# Clean install PowerMac G5 depuis clé USB Leopard



## mitch1979 (20 Octobre 2019)

Bonjour,

je tente de réinstaller Leopard sur mon PowerMac G5 depuis une clé USB bootable. J'ai configuré ma clé depuis le Terminal (Apple Partition Map et HFS+):

/dev/disk3 (external, physical):
   #:                       TYPE NAME                    SIZE       IDENTIFIER
   0:     Apple_partition_scheme                        *32.0 GB    disk3
   1:        Apple_partition_map                         32.3 KB    disk3s1
   2:                  Apple_HFS Mac OS X Install DVD    31.9 GB    disk3s3

Depuis l'Utilitaire de disque, j'ai ensuite restaurer une install Leopard télécharger depuis macintoshrepository.

J'ai testé plusieurs ports USB de la machine au cas où… L'installer monte sur le bureau mais ne boot pas. Ni depuis le bureau en lançant l'app d'install, ni suite à un redémarrage avec Alt.

Dans l'intervalle, je télécharge une version CPU drop-in DVD de Leopard mais sans grande conviction.

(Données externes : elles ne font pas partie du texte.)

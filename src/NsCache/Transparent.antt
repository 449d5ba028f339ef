-- ===== src/NsCache/Transparent.antt =====
-- While the system's resolver answers alike, the cache changes no answer.
use aping.Base.{ℕ, Bool, true, false, Option, none, some, ◌≡◌, ◌⊎◌, inl, inr, refl, arith}
use aping.Base.{◌==◌, if◌then◌else◌, Bool-cases, Option-cases}
use aping.Base.Text.{Text, eq_of_text_eq, dotted_zero}
use aping.NsCache.{Cache, Resolver, failed, prolog}
use aping.NsCache.{
  cache_hostbyname, cache_hostbyaddr, insert_hostbyname, insert_hostbyaddr, name_miss,
}
use aping.NsCache.{
  name_slot, addr_slot, gethostbyname_cache, gethostbyaddr_cache, reverse_name, addr_miss,
  known_or_miss, safe_buffer,
}

module _ (r : Resolver) where
  -- The address of a name with no cache: the dotted form, or the host's, or -1.
  unfoldable pub resolve : Text → ℕ
  resolve h =
      if r.inet_addr h == failed
      then elim (r.host_address h) [ none ↦ failed | some a ↦ a ]
      else r.inet_addr h

  -- Every name in the table has its answer beside it.
  abbrev pub NamesAgree : Cache → Type 0
  NamesAgree c =
      (i : ℕ) (t : Text) → (c.hostbyname i).host ≡ some t → (c.hostbyname i).addr ≡ resolve t

  -- A hit returns the answer, and a miss is -1.
  hit-agrees :
      (c : Cache) (today : ℕ) (h : Text)
      → NamesAgree c
      → (cache_hostbyname c today (some h) ≡ failed)
        ⊎ (cache_hostbyname c today (some h) ≡ resolve h)
  unfolding cache_hostbyname
  hit-agrees c today h ok =
      let e = c.hostbyname (name_slot h) in
      elim (Option-cases e.host) [
        | inl n ↦ ground arith
        | inr (t, s) ↦ ground (arith, ok (name_slot h) t s, eq_of_text_eq h t)
      ]

  insert-NamesAgree :
      (c : Cache) (today : ℕ) (h : Text) (a : ℕ)
      → a ≡ resolve h
      → NamesAgree c
      → NamesAgree (insert_hostbyname h a today c)
  unfolding insert_hostbyname
  insert-NamesAgree c today h a e ok i t s = ground (arith, ok i t)

  name_miss-transparent :
      (today : ℕ) (h : Text) (c : Cache)
      → NamesAgree c
      → ((name_miss r today h c).0 ≡ resolve h) × NamesAgree (name_miss r today h c).1
  unfolding name_miss
  name_miss-transparent today h c ok = elim (Bool-cases (r.inet_addr h == failed)) [
    | inl e ↦ rw e (elim (Option-cases (r.host_address h)) [
      | inl n ↦ rw n (unfold resolve in ground arith, ok)
      | inr (a, s) ↦
          let eq : a ≡ resolve h = unfold resolve in ground arith in
          rw s (eq, insert-NamesAgree c today h a eq ok)
    ])
    | inr e ↦
        let eq : r.inet_addr h ≡ resolve h = unfold resolve in ground arith in
        rw e (eq, insert-NamesAgree c today h (r.inet_addr h) eq ok)
  ]

  -- If every name in the table has beside it the address that the resolver gives, then
  -- `gethostbyname_cache` returns what the resolver gives for the name, and the table still has
  -- that property.
  pub gethostbyname_cache-transparent :
      (today : ℕ) (h : Text) (c : Cache)
      → NamesAgree c
      → ((gethostbyname_cache r today (some h) c).0 ≡ resolve h)
        × NamesAgree (gethostbyname_cache r today (some h) c).1
  unfolding gethostbyname_cache
  gethostbyname_cache-transparent today h c ok =
      elim (Bool-cases (cache_hostbyname (prolog c) today (some h) == failed)) [
        | inl miss ↦ rw miss (name_miss-transparent today h (prolog c) ok)
        | inr hit ↦ rw hit (ground (arith, hit-agrees (prolog c) today h ok), ok)
      ]

-- The text for an address with no cache.
abbrev pub reverse : Resolver → Bool → ℕ → Text
reverse r allow a = if a == 0 then dotted_zero else reverse_name r allow a

-- Every address in the table has its name beside it; 0 stands in the entries without a name.
pub record AddressesAgree (r : Resolver) (c : Cache) : Type 0 where
  pub named :
      (i : ℕ) (t : Text)
      → (c.hostbyaddr i).host ≡ some t
      → t ≡ reverse_name r c.allow_reverse (c.hostbyaddr i).addr
  pub blank : (i : ℕ) → (c.hostbyaddr i).host ≡ none → (c.hostbyaddr i).addr ≡ 0

module _ (r : Resolver) (today : ℕ) where
  cache_hostbyaddr-named :
      (c : Cache) (a : ℕ) (t : Text)
      → AddressesAgree r c
      → cache_hostbyaddr c today a ≡ some t
      → t ≡ reverse_name r c.allow_reverse a
  unfolding cache_hostbyaddr
  cache_hostbyaddr-named c a t ok e = ground (arith, ok.named (addr_slot a) t)

  insert-AddressesAgree :
      (c : Cache) (a : ℕ)
      → AddressesAgree r c
      → AddressesAgree r (insert_hostbyaddr (reverse_name r c.allow_reverse a) a today c)
  unfolding insert_hostbyaddr
  insert-AddressesAgree c a ok = record {
    named = λ i t e. ground (arith, ok.named i t);
    blank = λ i e. ground (arith, ok.blank i);
  }

  -- What a call must do: the returned buffer holds the text, and the table stays right.
  abbrev pub Answers : Text → ℕ × Cache → Type 0
  Answers t x = (x.1.buffers x.0 ≡ some t) × AddressesAgree r x.1

  safe_buffer-Answers : (t : Text) (c : Cache) → AddressesAgree r c → Answers t (safe_buffer t c)
  unfolding safe_buffer
  safe_buffer-Answers t c ok = (ground arith, record { named = ok.named; blank = ok.blank })

  addr_miss-Answers :
      (a : ℕ) (c : Cache)
      → AddressesAgree r c
      → Answers (reverse_name r c.allow_reverse a) (addr_miss r today a c)
  unfolding addr_miss
  addr_miss-Answers a c ok =
      safe_buffer-Answers (reverse_name r c.allow_reverse a)
        (insert_hostbyaddr (reverse_name r c.allow_reverse a) a today c)
        (insert-AddressesAgree c a ok)

  known_or_miss-Answers :
      (allow : Bool) (hit : Option Text) (a : ℕ) (c : Cache)
      → AddressesAgree r c
      → ((t : Text) → hit ≡ some t → t ≡ reverse_name r c.allow_reverse a)
      → Answers (reverse_name r c.allow_reverse a) (known_or_miss r today allow hit a c)
  unfolding known_or_miss
  known_or_miss-Answers true (some t) a c ok h = rw (← h t refl) (safe_buffer-Answers t c ok)
  known_or_miss-Answers true none a c ok h = addr_miss-Answers a c ok
  known_or_miss-Answers false hit a c ok h = addr_miss-Answers a c ok

  -- If every address in the table has beside it the text that the resolver gives under the
  -- current `allow_reverse`, and entries without a name hold the address 0, then the buffer
  -- that `gethostbyaddr_cache` returns holds that text of its argument, and the table still has
  -- the property.
  pub gethostbyaddr_cache-transparent :
      (a : ℕ) (c : Cache)
      → AddressesAgree r c
      → Answers (reverse r c.allow_reverse a) (gethostbyaddr_cache r today a c)
  unfolding gethostbyaddr_cache
  gethostbyaddr_cache-transparent a c ok =
      let ok' : AddressesAgree r (prolog c) = record { named = ok.named; blank = ok.blank } in
      let hit = cache_hostbyaddr (prolog c) today a in
      pick (a == 0) _ _ _ _ (safe_buffer-Answers dotted_zero (prolog c) ok') (
        known_or_miss-Answers c.allow_reverse hit a (prolog c) ok'
          (λ t. cache_hostbyaddr-named (prolog c) a t ok'))
    where
      pick :
          (b : Bool) (s t : Text) (x y : ℕ × Cache)
          → Answers s x
          → Answers t y
          → Answers (if b then s else t) (if b then x else y)
      pick true s t x y h k = h
      pick false s t x y h k = k
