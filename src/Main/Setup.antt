-- ===== src/Main/Setup.antt =====
-- aping.c: what `main` does before the threads start.
use aping.Base.{
  ℕ, zero, suc, ◌+◌, ◌%◌, List, [], ◌∷◌, Bool, true, false, not, ◌&&◌, ◌||◌, Option, some, length,
  ltb, ◌==◌, if◌then◌else◌,
}
use aping.Base.Text.{Text}
use aping.Base.Outcome.{Run, ok, fatal, Fault, ◌>>=◌, ◌>>◌, require}
use aping.State.{Options}
use aping.NsCache.{Resolver, gethostbyname_cache, failed}
use aping.Iface.{System, get_first_hop, gethostbyif}
use aping.Plugin.{Process}
use aping.Main.{Turn, Setting, set_globals, parse_options}

-- What the process meets: the ids of the user and of the process, the resolver and the day, the
-- interfaces, the plugins, and whether `pcap_lookupnet` knows the network of an interface.
pub record World : Type 0 where
  pub uid : ℕ
  pub euid : ℕ
  pub pid : ℕ
  pub resolver : Resolver
  pub today : ℕ
  pub system : System
  pub path : Text
  pub listing : Run Process
  pub lookupnet : Text → Bool

-- `for (i = 0; i < 48; i++) pattern[i] = i + 8;`
unfoldable count_up : ℕ → ℕ → List ℕ
count_up zero from = []
count_up (suc n) from = from ∷ count_up n (from + 1)

unfoldable pub defaults : ℕ → Setting → Setting
unfolding count_up
defaults pid s = record s {
  globals = record s.globals { pattern = count_up 48 8; myid = pid % 65536 };
  cache = record s.cache { allow_reverse = true };
}

-- `ATOMIC`, and its test, and `DEPEND_TEST`.
unfoldable atomic : Bool → Bool → Bool
atomic a b = (not a && b) || (a && not b) || (not a && not b)

unfoldable pub atomic_test : Bool → Bool → Run (Unit {0})
unfolding atomic
atomic_test a b = require (atomic a b) Fault.exclusive_options

unfoldable pub depend_test : Bool → Bool → Run (Unit {0})
depend_test a b = require (not (a && not b)) Fault.required_option

unfoldable pub check_options : Options → Run (Unit {0})
unfolding atomic_test depend_test
check_options o = do
  atomic_test o.sniff o.ip_src
  atomic_test o.sniff o.ip_dst
  atomic_test o.ip_id_rand o.ip_id_incr
  depend_test o.sniff o.ifname
  depend_test o.ip_src o.ifname

-- The address of a host, with the name cache afterwards.
unfoldable pub host_of : World → Option Text → Fault → Setting → Run (ℕ × Setting)
host_of w host e s =
    let (a, c) = gethostbyname_cache w.resolver w.today host s.cache in
    if a == failed then fatal e else ok (a, record s { cache = c })

unfoldable pub resolve_source : World → Setting → Run Setting
resolve_source w s =
    if s.globals.options.ip_src
    then (host_of w s.host_src Fault.bad_source s >>= λ p.
        ok (set_globals (λ g. record g { ip_src = p.0 }) p.1))
    else ok s

-- `argv` less the options.
unfoldable pub resolve_destination : World → List Text → Setting → Run Setting
resolve_destination w [] s = if s.globals.options.sniff then ok s else fatal Fault.no_destination
resolve_destination w (host ∷ argv) s = host_of w (some host) Fault.bad_host s >>= λ p.
    ok (set_globals (λ g. record g { ip_dst = p.0 }) p.1)

unfoldable pub choose_source : World → Setting → Run Setting
choose_source w s =
    if s.globals.options.ip_src
    then ok s
    else if s.globals.options.ifname
    then (gethostbyif w.system s.ifname >>= λ a. ok (set_globals (λ g. record g { ip_src = a }) s))
    else (get_first_hop w.system s.globals.ip_dst >>= λ p.
        ok (record (set_globals (λ g. record g { ip_src = p.0 }) s) { ifname = p.1 }))

-- After the loop of `getopt`.
unfoldable pub configure : World → List Text → Setting → Run Setting
configure w argv s = do
  check_options s.globals.options
  s1 ← resolve_source w s
  s2 ← resolve_destination w argv s1
  s3 ← choose_source w s2
  if w.lookupnet s3.ifname then ok s3 else fatal Fault.no_network

abbrev is_long : Text → Bool
is_long (a ∷ b ∷ t) = (a == b'-') && (b == b'-')
is_long t = false

-- The tests before the options; `argc` is the number of the arguments with the name of the program.
unfoldable pub check_call : World → List Text → Run (Unit {0})
check_call w [] = fatal Fault.no_arguments
check_call w (name ∷ argv) = do
  require (w.uid == w.euid) Fault.setuid
  require (w.uid == 0) Fault.not_root
  require (not (ltb (length (name ∷ argv)) 2)) Fault.no_arguments
  elim argv [ [] ↦ ok tt | a ∷ rest ↦ require (not (is_long a)) Fault.long_options ]

-- `turns` are the results of `getopt` on `argv`, and `rest` what it leaves.
unfoldable pub main_setup : World → List Text → List Turn → List Text → Setting → Run Setting
main_setup w argv turns rest s = do
  let s0 = defaults w.pid s
  check_call w argv
  s1 ← parse_options w.path w.listing turns s0
  configure w rest s1
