-- ===== src/Main/Consistent.antt =====
-- The tests of the options in `main` of aping.c.
use aping.Base.{Bool, true, false, not, ◌&&◌, ◌≡◌, refl, ◌∙◌}
use aping.Base.Outcome.{ok, ◌>>◌, bind_ok}
use aping.State.{Options}
use aping.Main.Setup.{check_options, atomic_test, depend_test}

-- No two options exclude each other, and none lacks the option that it requires.
pub record Consistent (o : Options) : Type 0 where
  pub sniff_src : o.sniff && o.ip_src ≡ false
  pub rand_incr : o.ip_id_rand && o.ip_id_incr ≡ false
  pub sniff_ifname : o.sniff && not o.ifname ≡ false
  pub src_ifname : o.ip_src && not o.ifname ≡ false

atomic_test_ok : (a b : Bool) → atomic_test a b ≡ ok tt → a && b ≡ false
unfolding atomic_test
atomic_test_ok true true h = cc
atomic_test_ok true false h = refl
atomic_test_ok false b h = refl

depend_test_ok : (a b : Bool) → depend_test a b ≡ ok tt → a && not b ≡ false
unfolding depend_test
depend_test_ok true true h = refl
depend_test_ok true false h = cc
depend_test_ok false b h = refl

check_options-eq :
    (o : Options)
    → (atomic_test o.sniff o.ip_src
        >> (atomic_test o.sniff o.ip_dst
            >> (atomic_test o.ip_id_rand o.ip_id_incr
                >> (depend_test o.sniff o.ifname >> depend_test o.ip_src o.ifname))))
      ≡ check_options o
unfolding check_options
check_options-eq o = refl

pub check_options-Consistent : (o : Options) → check_options o ≡ ok tt → Consistent o
check_options-Consistent o h =
    let (u1, e1, h1) = bind_ok (atomic_test o.sniff o.ip_src) _ tt (check_options-eq o ∙ h) in
    let (u2, e2, h2) = bind_ok (atomic_test o.sniff o.ip_dst) _ tt h1 in
    let (u3, e3, h3) = bind_ok (atomic_test o.ip_id_rand o.ip_id_incr) _ tt h2 in
    let (u4, e4, h4) = bind_ok (depend_test o.sniff o.ifname) _ tt h3 in
    record {
      sniff_src = atomic_test_ok o.sniff o.ip_src e1;
      rand_incr = atomic_test_ok o.ip_id_rand o.ip_id_incr e3;
      sniff_ifname = depend_test_ok o.sniff o.ifname e4;
      src_ifname = depend_test_ok o.ip_src o.ifname h4;
    }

Peut-être que l'erreur provient du fait qu'il faut d'abord installer Tiger avant Leopard?
Merci pour votre aide,
Michaël


----------



## dandu (20 Octobre 2019)

Les PowerPC, c'est compliqué de booter en USB, faut le faire en Open Firmware. Très franchement, sur un G5, le plus simple est un disque dur FireWire (ou graver un DVD double couche)


----------



## mitch1979 (21 Octobre 2019)

Hello, merci beaucoup pour ta réponse. Que signifie 


dandu a dit:


> Open Firmware


?

Mon disque dur FireWire est partie à la benne… Je vais donc faire l'acquisition d'un DVD je pense 
Merci,
Michaël


----------



## Sly54 (21 Octobre 2019)

Trouver un DVD de Leopard devrait effectivement couter beaucoup moins cher qu'un dd en FireWire (si ça existe encore !)
Mais encore faut-il que le Superdrive soit fonctionnel ?


----------



## dtb06 (21 Octobre 2019)

Le plus simple étant si tu as déjà une image qui fonctionne de la mettre sur un DD PATA branché dans un boitier USB puis de mettre ce DD dans le MAc et de booter dessus


----------



## dandu (21 Octobre 2019)

mitch1979 a dit:


> Hello, merci beaucoup pour ta réponse. Que signifie
> 
> ?
> 
> ...



Alors, l'Open Firmware, c'est l'équivalent du BIOS et ça demande de taper pleins de lignes de commande.

Pour Leopard, le mieux c'est vraiment de graver un DVD, mais attention, faut bien des DVD-R double douche (c'est cher et pas les plus courants) de 8,5 Go


----------



## mitch1979 (24 Octobre 2019)

Sly54 a dit:


> Mais encore faut-il que le Superdrive soit fonctionnel ?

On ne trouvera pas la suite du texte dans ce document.